Lately my mind has been consumed with worry over some medical issues, and while I have repeatedly tried to let go of them and turn it over to God, I am still struggling. So perhaps it will help to get the thoughts out of my head and put them into words.
I was diagnosed with fibromyalgia several years ago, and lately it’s been getting more difficult to function normally. Between the pain, fatigue and brain fog, I shuffle around the house feeling like the walking dead. I’ve been on Cymbalta for a few years, and I started a prescription anti-inflammatory a couple months ago, but it’s just not enough. So a few weeks ago I reached out to my primary care physician (PCP) to see if there’s something else we can do, or if I need to see a specialist to manage the fibro. He wanted me to see a rheumatologist, but the RM he wanted to send me to doesn’t treat fibro. From what I’ve read, some do and some don’t.
So this prompted my PCP to check again to make sure I don’t have rheumatoid arthritis, or some other underlying condition that the RM would treat, and I had blood drawn last Wednesday. I got a call late Thursday from a nurse about the results, and he said that my white blood cell count (WBC) was elevated considerably.

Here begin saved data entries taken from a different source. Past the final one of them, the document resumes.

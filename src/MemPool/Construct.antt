-- ===== src/MemPool/Construct.antt =====
-- What the constructor of the pool makes of the block of memory.
use mathlib.Core.Path.{subst}
use low_level_cpp.Base.{
  ℕ, zero, suc, ◌+◌, ◌-◌, ◌*◌, ◌%◌, ◌≤◌, ◌<◌, ◌≡◌, ◌≢◌, inl, inr, refl, sym, ap, ◌∙◌, List, [], ◌∷◌,
  arith, count, length, eq-cases,
}
use low_level_cpp.Base.Store.{update, update_self}
use low_level_cpp.Base.Chain.{Ptr, nullptr, Chain}
use low_level_cpp.MemPool.{pointer_size, size_mod, link_chunks, chunk_size_of, memory_manager}
use low_level_cpp.MemPool.Chain.{IsPool}

-- The addresses of `n` chunks that stand one behind another from `base` on.
unfoldable pub chunks : (chunk n : ℕ) → Ptr → List Ptr
chunks chunk zero base = []
chunks chunk (suc n) base = base ∷ chunks chunk n (base + chunk)

pub length-chunks : (chunk n : ℕ) (base : Ptr) → length (chunks chunk n base) ≡ n
unfolding chunks
length-chunks chunk zero base = refl
length-chunks chunk (suc n) base = omega (arith, length-chunks chunk n (base + chunk))

pub count-chunks_below : (chunk n : ℕ) (base a : Ptr) → a < base → count a (chunks chunk n base) ≡ 0
unfolding chunks
count-chunks_below chunk zero base a h = refl
count-chunks_below chunk (suc n) base a h =
    ground (arith, count-chunks_below chunk n (base + chunk) a)

pub count-chunks_le : (chunk n : ℕ) (base a : Ptr) → 0 < chunk → count a (chunks chunk n base) ≤ 1
unfolding chunks
count-chunks_le chunk zero base a h = omega arith
count-chunks_le chunk (suc n) base a h = elim (eq-cases base a) [
  | inl e ↦ ground (arith, count-chunks_below chunk n (base + chunk) a)
  | inr ne ↦ ground (arith, count-chunks_le chunk n (base + chunk) a)
]

pub chunks_bounds :
    (chunk n : ℕ) (base a : Ptr)
    → 0 < count a (chunks chunk n base)
    → (base ≤ a) × (a + chunk ≤ base + n * chunk)
unfolding chunks
chunks_bounds chunk zero base a h = absurd (omega arith)
chunks_bounds chunk (suc n) base a h = elim (eq-cases base a) [
  | inl e ↦ (omega arith, grind arith)
  | inr ne ↦
      let (lo, hi) = chunks_bounds chunk n (base + chunk) a (ground arith) in
      (omega arith, grind arith)
]

-- The loop as it is where no address wraps.
unfoldable link_plain : ℕ → ℕ → Ptr → (Ptr → Ptr) → Ptr × (Ptr → Ptr)
link_plain chunk zero current cells = (current, cells)
link_plain chunk (suc rounds) current cells =
    link_plain chunk rounds (current + chunk) (update cells current (current + chunk))

link_chunks-plain :
    (chunk rounds : ℕ) (current : Ptr) (cells : Ptr → Ptr)
    → current + rounds * chunk < size_mod
    → link_chunks chunk rounds current cells ≡ link_plain chunk rounds current cells
unfolding link_chunks link_plain
link_chunks-plain chunk zero current cells inside = refl
link_chunks-plain chunk (suc rounds) current cells inside =
    let further : (current + chunk) + rounds * chunk < size_mod = grind arith in
    let exact : (current + chunk) % size_mod ≡ current + chunk = omega arith in
    ap (λ n. link_chunks chunk rounds n (update cells current n)) exact
    ∙ link_chunks-plain chunk rounds (current + chunk) (update cells current (current + chunk))
        further

-- The loop writes nothing below its start, and ends above it.
link_plain_above :
    (chunk rounds : ℕ) (current : Ptr) (cells : Ptr → Ptr)
    → (current ≤ (link_plain chunk rounds current cells).0)
      × ((a : Ptr) → a < current → (link_plain chunk rounds current cells).1 a ≡ cells a)
unfolding link_plain
link_plain_above chunk zero current cells = (omega arith, λ a h. refl)
link_plain_above chunk (suc rounds) current cells =
    let (up, same) =
      link_plain_above chunk rounds (current + chunk) (update cells current (current + chunk)) in
    (omega arith, λ a h. ground (arith, same a))

abbrev Linked : ℕ → Ptr × (Ptr → Ptr) → Ptr → ℕ → Type 0
Linked chunk linked base n = Chain (update linked.1 linked.0 nullptr) base (chunks chunk n base)

-- After the loop and the write of the last null pointer, all chunks are in the list.
link_plain-Linked :
    (chunk rounds : ℕ) (current : Ptr) (cells : Ptr → Ptr)
    → 0 < chunk
    → current ≢ nullptr
    → Linked chunk (link_plain chunk rounds current cells) current (suc rounds)
unfolding link_plain chunks
link_plain-Linked chunk zero current cells pos ne = (refl, ne, update_self cells current nullptr)
link_plain-Linked chunk (suc rounds) current cells pos ne =
    let after : ℕ → ℕ = update cells current (current + chunk) in
    let linked : Ptr × (Ptr → Ptr) = link_plain chunk rounds (current + chunk) after in
    let rest = link_plain-Linked chunk rounds (current + chunk) after pos (omega arith) in
    let (up, same) = link_plain_above chunk rounds (current + chunk) after in
    let first : update linked.1 linked.0 nullptr current ≡ current + chunk =
      ground (arith, same current) in
    let moved =
      subst
        (λ q.
          Chain (update linked.1 linked.0 nullptr) q (chunks chunk (suc rounds) (current + chunk)))
        (sym first) rest in
    (refl, ne, moved)

-- The chunks are as large as the objects and as a pointer.
pub chunk_size_bounds :
    (object_size : ℕ)
    → (object_size ≤ chunk_size_of object_size) × (pointer_size ≤ chunk_size_of object_size)
chunk_size_bounds object_size = ground arith

-- A new pool of at least one chunk has all its chunks free, from the start of the block on.
pub memory_manager-IsPool :
    (memory : Ptr) (cells : Ptr → Ptr) (object_size amount : ℕ)
    → memory ≢ nullptr
    → 0 < amount
    → amount < size_mod
    → memory + amount * chunk_size_of object_size < size_mod
    → IsPool
        (memory_manager memory cells object_size amount)
        (chunks (chunk_size_of object_size) amount memory)
unfolding memory_manager
memory_manager-IsPool memory cells object_size amount ne pos small inside =
    let rounds : (amount + size_mod - 1) % size_mod ≡ amount - 1 = omega arith in
    let back : suc (amount - 1) ≡ amount = omega arith in
    let linked =
      link_plain-Linked (chunk_size_of object_size) (amount - 1) memory cells (ground arith) ne in
    let plain =
      link_chunks-plain (chunk_size_of object_size) (amount - 1) memory cells (grind arith) in
    rw rounds (rw plain (rw back at linked))
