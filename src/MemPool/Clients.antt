-- ===== src/MemPool/Clients.antt =====
-- Programs that use a pool: they allocate, give back chunks that they hold, and write to those.
use mathlib.Core.Path.{subst}
use low_level_cpp.Base.{
  ℕ, ◌+◌, ◌*◌, ◌≤◌, ◌<◌, ◌≡◌, ◌≢◌, ◌↔◌, ◌∙◌, refl, sym, ap, List, [], ◌∷◌, arith, count, length,
  erase, count-erase, length-erase,
}
use low_level_cpp.Base.Store.{update}
use low_level_cpp.Base.Chain.{Ptr, nullptr, Chain-update}
use low_level_cpp.MemPool.{
  size_mod, MemoryManager, chunk_size_of, block_size, memory_manager, allocate, deallocate,
}
use low_level_cpp.MemPool.Chain.{IsPool, allocate-IsPool, deallocate-IsPool}
use low_level_cpp.MemPool.Construct.{
  chunks, length-chunks, count-chunks_below, count-chunks_le, chunks_bounds, memory_manager-IsPool,
}

-- A pool and the chunks that its clients hold.
pub record World : Type 0 where
  pub pool : MemoryManager
  pub used : List Ptr

pub data Step (w : World) : World → Type 0 where
  take :
      (allocate w.pool).1 ≢ nullptr
      → Step w (record { pool = (allocate w.pool).0; used = (allocate w.pool).1 ∷ w.used })
  refused : (allocate w.pool).1 ≡ nullptr → Step w (record w { pool = (allocate w.pool).0 })
  give :
      (p : Ptr)
      → 0 < count p w.used
      → Step w (record { pool = deallocate p w.pool; used = erase p w.used })
  write :
      (p v : Ptr)
      → 0 < count p w.used
      → Step w (record w { pool = record (w.pool) { cells = update w.pool.cells p v } })

pub data Reach (w : World) : World → Type 0 where
  start : Reach w w
  later : {u v : World} → Reach w u → Step u v → Reach w v

-- Each chunk of the block is either free or held by one client, and never both.
pub record IsShared (all : List Ptr) (w : World) : Type 0 where
  pub free : List Ptr
  pub pool : IsPool w.pool free
  pub split : (a : Ptr) → count a free + count a w.used ≡ count a all
  pub sizes : length free + length w.used ≡ length all

module _ (all : List Ptr) (once : (a : Ptr) → count a all ≤ 1)
    (proper : count nullptr all ≡ 0) where
  take-IsShared :
      (w : World) (free : List Ptr)
      → IsPool w.pool free
      → ((a : Ptr) → count a free + count a w.used ≡ count a all)
      → length free + length w.used ≡ length all
      → (allocate w.pool).1 ≢ nullptr
      → IsShared all (record { pool = (allocate w.pool).0; used = (allocate w.pool).1 ∷ w.used })
  take-IsShared w [] pool split sizes ne =
      absurd (ne (ap (λ r. r.1) (allocate-IsPool w.pool [] pool)))
  take-IsShared w (p ∷ rest) pool split sizes ne =
      let (got, nonnull, left, same) = allocate-IsPool w.pool (p ∷ rest) pool in
      record { free = rest; pool = left; split = λ a. ground (arith, split a); sizes = omega arith }

  refused-IsShared :
      (w : World) (free : List Ptr)
      → IsPool w.pool free
      → (allocate w.pool).1 ≡ nullptr
      → (free ≡ []) × (allocate w.pool ≡ (w.pool, nullptr))
  refused-IsShared w [] pool e = (refl, allocate-IsPool w.pool [] pool)
  refused-IsShared w (p ∷ rest) pool e =
      let (got, nonnull, left, same) = allocate-IsPool w.pool (p ∷ rest) pool in
      absurd (nonnull (sym got ∙ e))

  Step-IsShared : {w u : World} → Step w u → IsShared all w → IsShared all u
  Step-IsShared (take ne) s = take-IsShared _ s.free s.pool s.split s.sizes ne
  Step-IsShared {w} (refused e) s =
      let (none_left, same) = refused-IsShared w s.free s.pool e in
      subst (λ (r : MemoryManager × Ptr). IsShared all (record w { pool = r.0 })) (sym same) s
  Step-IsShared {w} (give p held) s =
      let out : count p s.free ≡ 0 = omega (arith, s.split p, once p) in
      let nonnull : p ≢ nullptr = λ e. omega (arith, rw e at (s.split p), rw e at held, proper) in
      record {
        free = p ∷ s.free;
        pool = (deallocate-IsPool w.pool s.free p s.pool out).1 nonnull;
        split = λ a. ground (arith, s.split a, count-erase p a w.used);
        sizes = omega (arith, s.sizes, length-erase p w.used);
      }
  Step-IsShared {w} (write p v held) s = record {
    free = s.free;
    pool =
        Chain-update w.pool.cells p v w.pool.free_list_head s.free
          (omega (arith, s.split p, once p)) s.pool;
    split = s.split;
    sizes = s.sizes;
  }

  Reach-IsShared : {w u : World} → IsShared all w → Reach w u → IsShared all u
  Reach-IsShared s start = s
  Reach-IsShared s (later r st) = Step-IsShared st (Reach-IsShared s r)

allocate-null :
    (m : MemoryManager) (free : List Ptr)
    → IsPool m free
    → ((allocate m).1 ≡ nullptr) ↔ (length free ≡ 0)
allocate-null m [] pool =
    (λ _. refl, λ _. ap (λ (r : MemoryManager × Ptr). r.1) (allocate-IsPool m [] pool))
allocate-null m (p ∷ rest) pool =
    let (got, nonnull, left, same) = allocate-IsPool m (p ∷ rest) pool in
    (λ e. absurd (nonnull (sym got ∙ e)), λ e. absurd (omega arith))

-- The state right after the constructor.
abbrev pub opened : (memory : Ptr) (cells : Ptr → Ptr) (object_size amount : ℕ) → World
opened memory cells object_size amount = record {
  pool = memory_manager memory cells object_size amount;
  used = [];
}

module _ (memory : Ptr) (cells : Ptr → Ptr) (object_size amount : ℕ) (ne : memory ≢ nullptr)
    (pos : 0 < amount) (product : chunk_size_of object_size * amount < size_mod)
    (inside : memory + block_size object_size amount < size_mod) where
  abbrev all : List Ptr
  all = chunks (chunk_size_of object_size) amount memory

  abbrev size : ℕ
  size = chunk_size_of object_size

  asked : block_size object_size amount ≡ amount * size
  asked = grind arith

  small : amount < size_mod
  small = grind arith

  opened-IsShared : {w : World} → Reach (opened memory cells object_size amount) w → IsShared all w
  opened-IsShared =
      Reach-IsShared all (λ a. count-chunks_le size amount memory a (ground arith))
        (count-chunks_below size amount memory nullptr (omega arith))
        (record {
          free = all;
          pool =
              memory_manager-IsPool memory cells object_size amount ne pos small
                (omega (arith, inside, asked));
          split = λ a. omega arith;
          sizes = omega arith;
        })

  -- For a pool of at least one chunk whose size in bytes does not wrap in 64 bits, in a block that lies
  -- in the address space: whatever the clients do, no chunk is held twice, and each chunk held lies
  -- whole in the block of memory that the constructor asked for.
  pub no_double_allocation :
      {w : World}
      → Reach (opened memory cells object_size amount) w
      → (p : Ptr) → 0 < count p w.used
      → (count p w.used ≡ 1) × (memory ≤ p) × (p + size ≤ memory + block_size object_size amount)
  no_double_allocation {w} r p held =
      let s = opened-IsShared r in
      let (lo, hi) = chunks_bounds size amount memory p (omega (arith, s.split p)) in
      (
        omega (arith, s.split p, count-chunks_le size amount memory p (ground arith)),
        lo,
        omega (arith, hi, asked),
      )

  -- For a pool of at least one chunk whose size in bytes does not wrap in 64 bits, in a block that lies
  -- in the address space: `Allocate` fails exactly when all the chunks of the pool are held.
  pub exhausted_only_when_full :
      {w : World}
      → Reach (opened memory cells object_size amount) w
      → ((allocate w.pool).1 ≡ nullptr) ↔ (length w.used ≡ amount)
  exhausted_only_when_full {w} r =
      let s = opened-IsShared r in
      let (fail, full) = allocate-null w.pool s.free s.pool in
      let total = length-chunks size amount memory in
      (λ e. omega (arith, fail e, s.sizes, total), λ e. full (omega (arith, s.sizes, total)))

I have actually had elevated WBC for a few years now, and they never found the cause. All they’ve really been able to tell me in the past was that the test didn’t indicate leukemia, and we should keep an eye on it. Well it turns out that it’s considerably higher this time than before, and several other numbers are out of whack, so the PCP finally wants to pursue getting to the bottom of it. He told me he was going to refer me a hematologist. The nurse kindly warned me that hematologists are also cancer doctors, so I shouldn’t be alarmed when I get a call from the Tulsa Cancer Institute.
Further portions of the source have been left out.